At the Spitfire and Hurricane Memorial museum and cafe on the eastern tip of Kent, volunteers are preparing for an influx of new visitors if Britain crashes out of the European Union.
Manston airfield, visible from their windows and once the base for the aircraft that defended Britain during the second world war, is slated to be turned into a vast lorry park in a worst-case scenario where customs and border checks mean traffic backs up at ports.
For the last couple of weeks, locals say, they have watched diggers and heavy machinery at work, reinforcing the asphalt and laying out portable toilets and other services for thousands of trucks. “We’ll make a fortune off cups of tea,” jokes one museum volunteer.

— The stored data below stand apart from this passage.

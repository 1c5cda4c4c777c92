-- ===== src/Verify/Single/Verdicts.antt =====
-- When a receipt is valid, untrusted or invalid (src/verify/single.rs, `verdict` and
-- `receipt_refutation`).
use atl_cli.Prelude.{
  ℕ, ◌<◌, Bool, true, ◌||◌, Option, none, some, List, [], ◌∷◌, ◌≡◌, ◌≢◌, ◌↔◌, ◌⊎◌, inl, refl, arith,
  length, All, find_map, if◌then◌else◌, ◌==◌, is_some, count_if-le-length,
}
use atl_cli.Core.{VerificationError}
use atl_cli.Verify.Verdict.{
  ReasonCode, Status, ReceiptVerdict, verdict_valid, verdict_invalid, verdict_untrusted,
}
use atl_cli.Verify.Anchor.{AnchorVerificationResult}
use atl_cli.Verify.Policy.{AnchorPolicy, compute}
use atl_cli.Verify.Policy.Tally.{is_verified, verified_count}
use atl_cli.Verify.Policy.Axes.{
  meets, reason_of_counts, policy_satisfied-meets, unsatisfied_reason-counts,
}
use atl_cli.Verify.Single.{
  SingleVerificationResult, refutation_of, inability_of, classify_core_error, as_inability,
  proof_verdict, proofs_valid, proof_refutation, super_refutation, receipt_refutation,
  receipt_inability, assessment, assessed_verdict, unsatisfied_verdict, verdict,
}

-- How many of the reported anchors are verified.
abbrev pub verified : SingleVerificationResult → ℕ
verified r = verified_count r.anchor_results

abbrev pub total : SingleVerificationResult → ℕ
total r = length r.anchor_results

assessed_verdict-counts :
    (xs : List AnchorVerificationResult) (p : AnchorPolicy) (c : Option ReasonCode)
    → assessed_verdict (compute xs p c) ≡ (
        if meets p c (length xs) (verified_count xs)
        then verdict_valid
        else unsatisfied_verdict (reason_of_counts (length xs) (verified_count xs)))
unfolding assessed_verdict
assessed_verdict-counts xs p c =
    rw (policy_satisfied-meets xs p c, unsatisfied_reason-counts xs p c)

-- The verdict as a function of the two findings on the receipt, the policy and two counts.
abbrev pub verdict_of_counts :
    Option ReasonCode → Option ReasonCode → AnchorPolicy → (total verified : ℕ) → ReceiptVerdict
verdict_of_counts (some reason) inability p total verified = verdict_invalid reason
verdict_of_counts none (some reason) p total verified = verdict_untrusted reason
verdict_of_counts none none p total verified =
    if meets p none total verified
    then verdict_valid
    else if total == 0 || verified == 0
    then verdict_untrusted ReasonCode.receipt_unanchored
    else verdict_untrusted ReasonCode.anchor_quorum_unmet

pub verdict-counts :
    (r : SingleVerificationResult)
    → verdict r
      ≡ verdict_of_counts
          (receipt_refutation r)
          (receipt_inability r)
          r.policy
          (total r)
          (verified r)
unfolding verdict assessment
verdict-counts r =
    ground (arith, assessed_verdict-counts r.anchor_results r.policy (receipt_refutation r))

-- A receipt is valid exactly when nothing refuted it, no check on it was left unfinished, at least
-- one anchor is verified and, under the default policy, every reported anchor is.
pub verdict-valid_iff :
    (r : SingleVerificationResult)
    → ((verdict r).status ≡ Status.valid) ↔ (
        (receipt_refutation r ≡ none)
        × (receipt_inability r ≡ none)
        × (0 < verified r)
        × ((r.policy ≡ AnchorPolicy.single_anchor) ⊎ (verified r ≡ total r)))
verdict-valid_iff r =
    ground (arith, verdict-counts r, count_if-le-length is_verified r.anchor_results)

-- A receipt is invalid exactly when something refuted the receipt itself, and the reason code of the
-- verdict is then that refutation's.
pub verdict-invalid_iff :
    (r : SingleVerificationResult) (c : ReasonCode)
    → (verdict r ≡ verdict_invalid c) ↔ (receipt_refutation r ≡ some c)
verdict-invalid_iff r c = ground (arith, verdict-counts r)

pub invalid-refuted :
    (r : SingleVerificationResult)
    → ((verdict r).status ≡ Status.invalid) ↔ (is_some (receipt_refutation r) ≡ true)
invalid-refuted r = ground (arith, verdict-counts r)

abbrev IsIncomplete : Option ReasonCode → Type 0
IsIncomplete o = (o ≡ none) ⊎ (o ≡ some ReasonCode.receipt_check_incomplete)

inability_of-IsIncomplete : (e : VerificationError) → IsIncomplete (inability_of e)
unfolding as_inability classify_core_error
inability_of-IsIncomplete e = ground arith

find_inability-IsIncomplete :
    (es : List VerificationError) → IsIncomplete (find_map inability_of es)
find_inability-IsIncomplete [] = inl refl
find_inability-IsIncomplete (e ∷ es) =
    ground (arith, inability_of-IsIncomplete e, find_inability-IsIncomplete es)

receipt_inability-IsIncomplete : (r : SingleVerificationResult) → IsIncomplete (receipt_inability r)
unfolding receipt_inability
receipt_inability-IsIncomplete r = find_inability-IsIncomplete r.core_result.receipt_errors

-- An untrusted receipt carries one of three reasons, and which one is decided by its checks and by
-- the number of verified anchors: a check left unfinished, no verified anchor, or a quorum unmet by
-- at least one verified anchor (under the default policy only). A receipt is never an error.
pub verdict-untrusted_reason :
    (r : SingleVerificationResult)
    → ((verdict r).status ≢ Status.error)
      × ((verdict r).status ≡ Status.untrusted
          → (((verdict r).reason_code ≡ some ReasonCode.receipt_check_incomplete)
              × (is_some (receipt_inability r) ≡ true))
            ⊎ ((((verdict r).reason_code ≡ some ReasonCode.receipt_unanchored) × (verified r ≡ 0))
                ⊎ (((verdict r).reason_code ≡ some ReasonCode.anchor_quorum_unmet)
                    × (0 < verified r)
                    × (r.policy ≡ AnchorPolicy.all_anchors)
                    × (verified r ≢ total r))))
verdict-untrusted_reason r = ground (
  arith,
  verdict-counts r,
  receipt_inability-IsIncomplete r,
  count_if-le-length is_verified r.anchor_results,
)

refutes : VerificationError → Bool
refutes e = is_some (refutation_of e)

proof_refutation-valid :
    (r : SingleVerificationResult)
    → (proof_refutation (proof_verdict r) ≡ none) ↔ (proofs_valid (proof_verdict r) ≡ true)
unfolding proof_refutation super_refutation proofs_valid
proof_refutation-valid r = ground arith

find_refutation-none :
    (es : List VerificationError)
    → (find_map refutation_of es ≡ none) ↔ All (λ e. refutation_of e ≡ none) es
find_refutation-none [] = ground arith
find_refutation-none (e ∷ es) = ground (arith, find_refutation-none es)

-- Nothing refutes a receipt exactly when the source file's hash matches, no finding about the receipt
-- is a refutation, and every proof that the receipt carries holds.
pub receipt_refutation-none_iff :
    (r : SingleVerificationResult)
    → (receipt_refutation r ≡ none) ↔ (
        (r.file_hash_valid ≡ true)
        × All (λ e. refutation_of e ≡ none) r.core_result.receipt_errors
        × (proofs_valid (proof_verdict r) ≡ true))
unfolding receipt_refutation
receipt_refutation-none_iff r =
    ground (arith, find_refutation-none r.core_result.receipt_errors, proof_refutation-valid r)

The new lorry park is part of extensive preparations the county has drawn up, together with central government, to deal with the chaos that could ensue if Britain leaves without a deal in April.
Because of its location, Kent is expected to be on the frontline of any border problems. The former Brexit secretary Dominic Raab famously stunned critics with his admission that he “hadn’t quite understood the full extent” to which the UK was reliant on the crossing from Calais.
Dover handled 17% of the UK’s entire trade in goods in 2017, and that year more than 4 million lorries passed through the port or the Eurotunnel rail shuttle.
Schools have been warned to prepare for students stranded by traffic chaos if lorries start backing up. Kent police have been given an extra £3.5m to deal with the impact of Brexit. Kent Scientific Services has stockpiled six months’ worth of supplies for food and other safety tests, according to the latest Brexit planning. The council has also warned it could face “significant but as yet unquantified additional costs” from an unplanned exit.
A last-minute EU decision has now pushed back the date of a possible no-deal departure until mid-April but plans to stave off traffic chaos were so far advanced that the first measures are expected to go into effect anyway on Monday.
One side of the vital M20 motorway will be closed to normal traffic, with freight only heading towards the coast. The four London-bound lanes will be divided to carry passenger traffic both ways. Some lorries can be held on the motorway, if numbers build up, and when it fills up they will be redirected to Manston.
“It’s a joke, the roads can’t cope,” said Sally Chisholm, who works in a Royal British Legion care home on the coast near the area affected. “The traffic is already really bad round here.”
Generally, though, Kent residents, who are used to problems in Dover spilling over into countywide gridlock, seem relatively sanguine about possible disruption from a no-deal exit.
They are much more anxious and frustrated about the state of Brexit itself, and the politicians handling it – regardless of whether they want to leave the EU or to remain.
“Nobody I’ve spoken to is worried [about impacts of no-deal],” said Pat Herrington, who lives just a few dozen metres from Manston and can see workers preparing it for lorries.
A single-issue voter, she opted for Leave because she believes Brexit is needed to end exports of live animals, still regularly shipped out of Ramsgate port. “For a lot of us, it is the only hope it would be stopped.”
Kevin Spooner, who has a stall at the market in Ramsgate, says he isn’t worried about the impact of no deal, because he is convinced that Brexit won’t happen. He voted Leave but has changed his mind and now wants a second referendum.
“Theresa May is getting three votes – why shouldn’t we have another one,” he says with a grin. “We’ve learned a lot more about the ins and outs of it [since the vote].”
Alan Brookes, headteacher of Fulston Manor school and chair of the Kent Association of Headteachers, said that although his school had made emergency plans for no deal, they were similar to ones in place for severe weather events such as blizzards. A greater headache for teachers, he said, was how the preoccupation with leaving Europe has eclipsed other issues, making it harder to focus on teaching at a time of austerity.
Most recently, the boiler has broken at his school, and if he doesn’t get emergency funds for the £80,000 cost of repairing it, Brookes may have to consider staffing cuts. But his requests for government aid have so far gone unanswered, he said.
“The major impact on the school is the fact that as long as Brexit drags on, there does not seem to be money for anything else.”
John Streeter, a former air-sea rescue pilot who volunteers at the Spitfire museum, says he has been waiting decades for Britain to leave the EU, since he first voted against joining in the 1970s, and would embrace a no-deal departure.
“I voted not to join originally,” he said. “I don’t really see what the point of a deal is.”
But, like many others in the area, he is now starting to wonder if it will happen at all. “I’d like to think that we can get out, but I don’t know one way or another.”
Melissa Pirbudak, 22, is equally frustrated by the political chaos but wants to see the opposite outcome. She voted Leave, but now wishes she had supported Remain, after a Brexit campaign she says was based on empty promises.
“They are waiting for us to leave; then [Brexit supporters think] some magical force field will cover England, and something wonderful will happen,” she said. “But no one knows what it is.